→ **Exercise**: Find the word "candidates" in the material below and gather every line that contains it.
=== Begin Enclosure ===
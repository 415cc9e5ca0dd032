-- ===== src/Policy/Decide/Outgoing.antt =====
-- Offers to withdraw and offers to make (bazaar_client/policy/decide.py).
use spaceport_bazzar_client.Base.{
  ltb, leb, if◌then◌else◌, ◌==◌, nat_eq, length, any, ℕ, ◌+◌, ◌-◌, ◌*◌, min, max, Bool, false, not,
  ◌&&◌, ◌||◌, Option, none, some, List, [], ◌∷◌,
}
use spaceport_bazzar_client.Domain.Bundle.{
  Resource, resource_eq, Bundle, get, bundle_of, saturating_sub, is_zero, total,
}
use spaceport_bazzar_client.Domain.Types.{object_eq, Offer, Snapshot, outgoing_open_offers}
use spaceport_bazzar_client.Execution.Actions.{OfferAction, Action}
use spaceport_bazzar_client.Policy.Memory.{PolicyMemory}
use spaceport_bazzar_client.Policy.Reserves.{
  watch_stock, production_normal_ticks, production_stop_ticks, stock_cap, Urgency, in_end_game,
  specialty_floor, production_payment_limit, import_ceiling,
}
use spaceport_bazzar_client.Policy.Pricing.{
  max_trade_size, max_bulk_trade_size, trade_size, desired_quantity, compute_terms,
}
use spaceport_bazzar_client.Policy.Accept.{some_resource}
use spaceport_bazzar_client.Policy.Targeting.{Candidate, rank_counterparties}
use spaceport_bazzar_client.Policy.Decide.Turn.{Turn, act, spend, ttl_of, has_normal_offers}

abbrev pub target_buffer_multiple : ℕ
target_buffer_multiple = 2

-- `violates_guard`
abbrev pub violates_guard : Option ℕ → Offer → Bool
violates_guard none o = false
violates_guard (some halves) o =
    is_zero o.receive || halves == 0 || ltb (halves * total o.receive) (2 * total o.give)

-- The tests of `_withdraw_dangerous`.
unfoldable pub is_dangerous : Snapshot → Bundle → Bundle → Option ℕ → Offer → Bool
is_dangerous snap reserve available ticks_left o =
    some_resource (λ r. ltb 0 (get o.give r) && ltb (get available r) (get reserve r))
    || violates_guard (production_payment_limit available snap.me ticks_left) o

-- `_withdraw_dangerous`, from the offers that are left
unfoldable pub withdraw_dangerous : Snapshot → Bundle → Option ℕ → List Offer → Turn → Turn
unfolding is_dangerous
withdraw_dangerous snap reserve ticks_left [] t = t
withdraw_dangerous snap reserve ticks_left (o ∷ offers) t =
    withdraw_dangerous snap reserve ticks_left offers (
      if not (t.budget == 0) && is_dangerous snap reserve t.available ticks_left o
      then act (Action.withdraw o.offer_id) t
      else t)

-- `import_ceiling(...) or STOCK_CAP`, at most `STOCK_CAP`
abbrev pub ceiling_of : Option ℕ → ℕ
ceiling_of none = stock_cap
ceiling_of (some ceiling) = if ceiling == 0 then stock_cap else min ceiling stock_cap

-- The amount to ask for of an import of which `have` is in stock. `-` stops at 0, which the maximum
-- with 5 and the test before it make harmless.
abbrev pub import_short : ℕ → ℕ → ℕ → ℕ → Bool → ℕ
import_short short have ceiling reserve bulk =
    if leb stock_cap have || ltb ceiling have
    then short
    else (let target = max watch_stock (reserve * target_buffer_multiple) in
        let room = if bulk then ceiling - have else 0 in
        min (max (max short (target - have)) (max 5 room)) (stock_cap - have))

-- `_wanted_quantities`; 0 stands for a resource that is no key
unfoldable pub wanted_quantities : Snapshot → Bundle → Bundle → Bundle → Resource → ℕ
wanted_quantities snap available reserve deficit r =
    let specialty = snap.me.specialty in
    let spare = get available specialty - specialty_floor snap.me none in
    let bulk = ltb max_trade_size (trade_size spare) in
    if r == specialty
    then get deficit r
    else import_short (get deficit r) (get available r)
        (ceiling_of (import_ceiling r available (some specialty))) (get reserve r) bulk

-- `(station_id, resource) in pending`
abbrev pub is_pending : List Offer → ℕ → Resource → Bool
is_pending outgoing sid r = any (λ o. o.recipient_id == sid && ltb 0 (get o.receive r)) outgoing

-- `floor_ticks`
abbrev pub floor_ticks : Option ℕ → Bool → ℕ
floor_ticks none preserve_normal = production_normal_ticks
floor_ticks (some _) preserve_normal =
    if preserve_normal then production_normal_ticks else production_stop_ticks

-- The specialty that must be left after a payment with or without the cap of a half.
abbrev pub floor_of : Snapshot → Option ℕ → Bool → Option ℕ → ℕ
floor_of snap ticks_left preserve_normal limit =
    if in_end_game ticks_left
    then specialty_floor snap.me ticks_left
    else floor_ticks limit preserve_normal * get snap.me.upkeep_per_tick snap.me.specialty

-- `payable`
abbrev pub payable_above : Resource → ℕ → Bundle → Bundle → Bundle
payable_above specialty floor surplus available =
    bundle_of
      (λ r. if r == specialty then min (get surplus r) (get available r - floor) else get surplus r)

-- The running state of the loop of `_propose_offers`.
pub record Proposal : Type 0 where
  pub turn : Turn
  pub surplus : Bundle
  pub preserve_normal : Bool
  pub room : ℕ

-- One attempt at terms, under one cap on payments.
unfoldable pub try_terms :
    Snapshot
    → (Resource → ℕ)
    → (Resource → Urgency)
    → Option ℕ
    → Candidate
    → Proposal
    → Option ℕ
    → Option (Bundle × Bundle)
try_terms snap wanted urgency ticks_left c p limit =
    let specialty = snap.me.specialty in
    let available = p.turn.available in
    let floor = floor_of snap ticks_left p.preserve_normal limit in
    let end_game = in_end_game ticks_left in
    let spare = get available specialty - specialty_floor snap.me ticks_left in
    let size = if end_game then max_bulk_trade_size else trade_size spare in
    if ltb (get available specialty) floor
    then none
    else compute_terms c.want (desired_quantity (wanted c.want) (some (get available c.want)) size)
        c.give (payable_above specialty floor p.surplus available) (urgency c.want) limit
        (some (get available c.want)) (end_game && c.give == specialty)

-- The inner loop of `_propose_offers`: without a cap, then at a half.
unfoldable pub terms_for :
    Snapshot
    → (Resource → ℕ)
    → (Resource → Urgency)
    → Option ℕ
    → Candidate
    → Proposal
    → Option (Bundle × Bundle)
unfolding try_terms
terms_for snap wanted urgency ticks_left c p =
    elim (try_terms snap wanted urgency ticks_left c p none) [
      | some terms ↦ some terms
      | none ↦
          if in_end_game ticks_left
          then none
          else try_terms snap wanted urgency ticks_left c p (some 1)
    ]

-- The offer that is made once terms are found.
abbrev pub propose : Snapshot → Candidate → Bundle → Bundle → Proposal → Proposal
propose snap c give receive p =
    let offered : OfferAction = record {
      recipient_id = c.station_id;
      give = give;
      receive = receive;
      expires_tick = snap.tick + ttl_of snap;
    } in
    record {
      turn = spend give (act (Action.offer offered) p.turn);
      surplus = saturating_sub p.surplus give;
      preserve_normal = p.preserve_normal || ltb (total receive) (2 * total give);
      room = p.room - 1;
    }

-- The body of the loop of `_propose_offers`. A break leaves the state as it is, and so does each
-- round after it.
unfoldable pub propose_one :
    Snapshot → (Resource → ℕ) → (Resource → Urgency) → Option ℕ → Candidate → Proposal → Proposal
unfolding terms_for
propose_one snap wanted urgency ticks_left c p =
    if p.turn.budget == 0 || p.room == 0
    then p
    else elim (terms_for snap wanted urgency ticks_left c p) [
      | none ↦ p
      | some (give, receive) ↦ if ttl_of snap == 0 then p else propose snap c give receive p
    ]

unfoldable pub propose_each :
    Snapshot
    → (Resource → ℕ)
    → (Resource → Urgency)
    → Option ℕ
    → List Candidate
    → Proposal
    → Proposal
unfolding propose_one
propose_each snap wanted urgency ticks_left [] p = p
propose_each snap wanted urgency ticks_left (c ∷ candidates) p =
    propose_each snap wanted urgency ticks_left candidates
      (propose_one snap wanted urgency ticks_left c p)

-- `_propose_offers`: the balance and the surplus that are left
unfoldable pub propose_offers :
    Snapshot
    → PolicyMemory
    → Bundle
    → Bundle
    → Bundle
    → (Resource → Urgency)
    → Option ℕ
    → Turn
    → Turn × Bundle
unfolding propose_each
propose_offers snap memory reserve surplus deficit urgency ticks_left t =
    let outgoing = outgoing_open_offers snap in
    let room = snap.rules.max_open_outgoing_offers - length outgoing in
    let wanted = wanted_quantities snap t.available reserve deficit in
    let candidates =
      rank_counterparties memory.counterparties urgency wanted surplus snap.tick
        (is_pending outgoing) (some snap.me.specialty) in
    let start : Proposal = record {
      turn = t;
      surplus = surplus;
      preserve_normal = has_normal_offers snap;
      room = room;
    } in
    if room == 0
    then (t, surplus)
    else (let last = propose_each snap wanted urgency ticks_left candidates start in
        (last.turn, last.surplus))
=== End Enclosure ===
→ **Solved problem**:
propose_each snap wanted urgency ticks_left (c ∷ candidates) p =
    propose_each snap wanted urgency ticks_left candidates
    let candidates =
    else (let last = propose_each snap wanted urgency ticks_left candidates start in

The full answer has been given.